Testes com ratos demonstraram a terrível luta que ocorre no interior deste sujeito doente no momento em que uma nova ideia é apresentada ou surge em sua cabeça. Um dos ratos (que chamaremos de Pink) carece de qualquer informação objetiva sobre o cliente, não lê o briefing (ou não o entende) e dispara as mais loucas possibilidades sem nenhuma preocupação com as demais fases do processo, como pesquisa, planejamento, prazos, etc. Movido por um espírito de festa rave (ou de porco), o rato Pink gosta mesmo é de mostrar para os demais o quanto ele “pode” ser criativo e não perde a chance até de brigar por uma ideia sem o menor sentido para o cliente. Para o céu e além, este é o seu lema.

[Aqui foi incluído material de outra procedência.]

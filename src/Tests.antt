-- ===== src/Tests.antt =====
-- The data that the tests run on: a world in which nothing fails, a cipher that adds a nonce, and
-- a store with one host, one agent, one method and one snapshot.
pub mod Texts
pub mod Users
pub mod Hosts
pub mod Requests
pub mod Live
pub mod Pages
use hosthalla.Base.{
  ℕ, zero, suc, ◌+◌, ◌≡◌, refl, Bool, true, List, [], ◌∷◌, ◌++◌, Option, none, some, ok, Error,
  World, Db, length, arith,
}
use hosthalla.Text.{Text, Unicode, codes, is_space, lower_with}
use hosthalla.Model.{Uuid, Host, Method, ssh_password, Agent, Event}
use hosthalla.Schema.{HostRow, SnapshotRow, Tables, Inventory}
use hosthalla.Auth.Tables.{AuthTables, AuthDb, Profile}
use hosthalla.Host.Cipher.{Aead, SecretCipher, aes_gcm_cipher}
use hosthalla.Host.Service.Methods.{KeyCodec}

pub ascii_folded : (c : ℕ) → lower_with (λ c. c) (lower_with (λ c. c) c) ≡ lower_with (λ c. c) c
ascii_folded c = ground arith

pub ascii_keeps_space : (c : ℕ) → is_space (lower_with (λ c. c) c) ≡ is_space c
unfolding is_space
ascii_keeps_space c = ground arith

-- Only ASCII has a lower case.
instance unfoldable pub ascii : Unicode
ascii = record { wide = λ c. c; folded = ascii_folded; keeps_space = ascii_keeps_space }

abbrev pub repeated : ℕ → ℕ → List ℕ
repeated zero b = []
repeated (suc n) b = b ∷ repeated n b

pub length-repeated : (n b : ℕ) → length (repeated n b) ≡ n
length-repeated zero b = refl
length-repeated (suc n) b = omega (arith, length-repeated n b)

abbrev pub fair_random : ℕ → ℕ → Option (List ℕ)
fair_random k n = some (repeated n 7)

-- The identifiers are 10, 11, and so on, and the clock ticks from 100.
abbrev pub quiet_world : World Uuid
quiet_world = record {
  faults = λ k. none;
  calls = 0;
  ids = λ k. k + 10;
  drawn = 0;
  times = λ k. k + 100;
  reads = 0;
  random = fair_random;
  random_reads = 0;
}

abbrev pub text_world : World Text
text_world = record {
  faults = λ k. none;
  calls = 0;
  ids = λ k. (k + 97) ∷ [];
  drawn = 0;
  times = λ k. k + 100;
  reads = 0;
  random = fair_random;
  random_reads = 0;
}

abbrev pub host_row : HostRow
host_row = record {
  id = 1;
  name = codes "web";
  description = [];
  ip = codes "10.0.0.1";
  monitoring_agent_id = none;
  created_at = 5;
  updated_at = 5;
}

abbrev pub method_row : Method
method_row = record {
  id = 3;
  host_id = 1;
  name = codes "root";
  kind = ssh_password;
  username = codes "root";
  port = 22;
  secret = 1 ∷ 2 ∷ [];
  description = [];
  created_at = 6;
  updated_at = 6;
}

abbrev pub agent_row : Agent
agent_row = record { id = 2; host_id = 1; version = codes "1.0"; created_at = 7; last_seen_at = 7 }

abbrev pub tables : Tables
tables = record {
  hosts = host_row ∷ [];
  tags = [];
  host_tags = [];
  credentials = method_row ∷ [];
  agents = agent_row ∷ [];
  agent_configs = [];
  system_infos = [];
  gpus = [];
  snapshots = record { id = 1; host_id = 1; timestamp = 50 } ∷ [];
  metrics = [];
  next_snapshot = 2;
}

abbrev pub inventory : Inventory
inventory = record { tables = tables; world = quiet_world; published = [] }

abbrev pub profile : Profile
profile = record { id = codes "p"; username = codes "ann"; created_at = 1; updated_at = 1 }

abbrev pub auth_db : AuthDb
auth_db = record {
  tables = record { profiles = profile ∷ []; passwords = []; sessions = []; tokens = [] };
  world = text_world;
  published = [];
}

-- Not a cipher that hides anything: the seal is the plain text.
abbrev pub open_aead : Aead
open_aead = record {
  nonce_size = 2;
  seal = λ nonce plain. plain;
  unseal = λ nonce sealed. some sealed;
  unseal-seal = λ nonce plain. refl;
}

abbrev pub cipher : SecretCipher
cipher = aes_gcm_cipher open_aead

abbrev pub parse_any : Text → Option Uuid
parse_any t = some 1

O outro rato (que chamaremos de Brain) é exatamente o oposto. Obstinado e presunçoso, acredita que a sua ideia é infálivel porque passou quatro horas pesquisando na internet, conversando com o cliente e fornecedores, dissecando cada falha no produto e na comunicação anterior. Pouco importa se a ideia é batida ou superficial demais. Ele não quer saber de “viagem”. O rato Brain chega na reunião com um DVD de 8G repleto de material, apresentação de powerpoint e o diabo a quatro que justifica o caminho a ser percorrido. No final, não espera menos do que o reflexo de seu próprio sorriso vencedor no rosto de cada um da sua equipe. E é bom aplaudir, senão…
A SCT varia em grau e pode ocorrer antes mesmo do sujeito entrar no mercado de trabalho. Todo mundo já conheceu um “rato Pink” ou “rato Brain” na hora de fazer um trabalho na facu. Não é difícl encontrar os dois no mesmo grupo se degladiando enquanto o restante vai ficando de saco cheio e acaba saindo pra tomar uma, que é bem melhor. No mercado publicitário, existem casos onde o atendimento, toda a criação e até o próprio cliente estão infectados. Mas, felizmente, tem cura. Pelo menos na teoria.
Para não ficar preso na jaulinha junto com Pink e Brain é preciso fibra, muita fibra. O processo criativo tem seu lado lúdico, animado, porra-louca, cor de rosa. Eu chamo de brainstorm, mas você pode chamar de pinkstorm, se quiser. Porém, se você passou dos 16 anos já descobriu que fantasia tem limite e que até carnaval é coisa séria e precisa de organização para funcionar.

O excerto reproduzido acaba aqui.